This article was published 13/01/2015 (3070 days ago), so information in it may no longer be current.
The hope of dancing at her son’s summertime wedding led Sharon Nordstrom to pay $38,000 for a treatment she hoped would keep her multiple-sclerosis symptoms at bay.
That money paid for what she hoped would be a life-changing stem-cell procedure at a hospital in Pune, India. It was part of what she, and nearly 70 other patients from Manitoba and from as far away as Australia, believed was a clinical study helmed by a brilliant Winnipeg medical researcher with a PhD, who said the procedure could stop MS in its tracks.
Soon after her return in May, Nordstrom began to uncover troubling facts. Doug Broeska, whom patients reverently call “Dr. Doug,” has no recognized medical credentials. Regenetek Research, his company based out of a spartan office on Chevrier Boulevard, boasted credentials and positive medical results that didn’t add up. Patients who were once ardent supporters were attacked as saboteurs or shills for “Big Pharma” and threatened with removal from the study after they asked questions.
A Free Press investigation has found Broeska fabricated his credentials, including his PhD, and overstated the effects of the stem-cell treatment, for which he often charged desperately ill people $45,000. Four patients spoke to the Free Press on the record, saying they got no benefit from the treatment, got none of the followup common in clinical trials — such as MRIs or physical acuity tests — and believe they are victims of fraud.
Patients, doctors in India and now Canadian officials are questioning the claims of Winnipeg researcher Doug Broeska and his $45,000 stem-cell therapy for MS sufferers.

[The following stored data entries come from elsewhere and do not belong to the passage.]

-- ===== src/Types/Tests.antt =====
-- A function that takes a future of an object and returns a shared_future of nothing, one that takes
-- a promise, and the types of library functions at some arguments.
use portable_concurrency.Prelude.{
  zero, suc, ◌≡◌, refl, true, false, Option, none, some, List, [], ◌∷◌,
}
use mathlib.Core.Option
use portable_concurrency.Types.{
  CppType, void, object, constant, reference, reference_wrapper, future, shared_future, promise,
  is_allowed, are_futures, get_result_type, decay_for_future, Invocable, promise_arg,
}
use portable_concurrency.Types.Results.{attached, attaching, shared_next, made_by}

abbrev results : List CppType → Option CppType
results (future (object (suc zero)) ∷ []) = some (shared_future void)
results _ = none

abbrev watched : Invocable
watched = record { invoke_result = results; signature = none }

not_for_next : made_by (attaching shared_next (object 1)) watched ≡ none
unfolding attached
not_for_next = refl

-- `void(promise<int>, future<double>)`, for an input of that type and of another.
abbrev handler : Invocable
handler = record {
  invoke_result = λ _. none;
  signature =
      some (record { result = void; parameters = promise (object 1) ∷ future (object 2) ∷ [] });
}

deduced :
    (promise_arg handler (future (object 2)) ≡ some (object 1))
    × (promise_arg handler (future (object 3)) ≡ none)
unfolding Option.bind
deduced = (refl, refl)

traits :
    (are_futures (future void ∷ shared_future (object 1) ∷ []) ≡ true)
    × (are_futures (future void ∷ object 1 ∷ []) ≡ false)
    × (is_allowed (future (shared_future void)) ≡ false)
    × (decay_for_future (reference_wrapper (object 1)) ≡ reference (object 1))
    × (get_result_type (object 1) ≡ reference (constant (object 1)))
traits = (refl, refl, refl, refl, refl)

At least two of Regenetek’s former patients have complained to the RCMP, and sources say the Canada Revenue Agency is investigating, though CRA officials would not confirm that. Last week, Regenetek’s website, Broeska’s LinkedIn page and a “patient-run” Facebook group were taken down.
The most disturbing evidence is a letter, dated Dec. 10 and obtained by the Free Press, in which the chairman of the medical ethics committee at the Inamdar Hospital in Pune ordered Broeska to step down as principal investigator of the stem-cell study, warning his lack of credentials and followup “violated international ethical standards.”
The committee said its conclusions were based on information from an investigation done by the Indian Council of Medical Research, along with numerous study-related complaints.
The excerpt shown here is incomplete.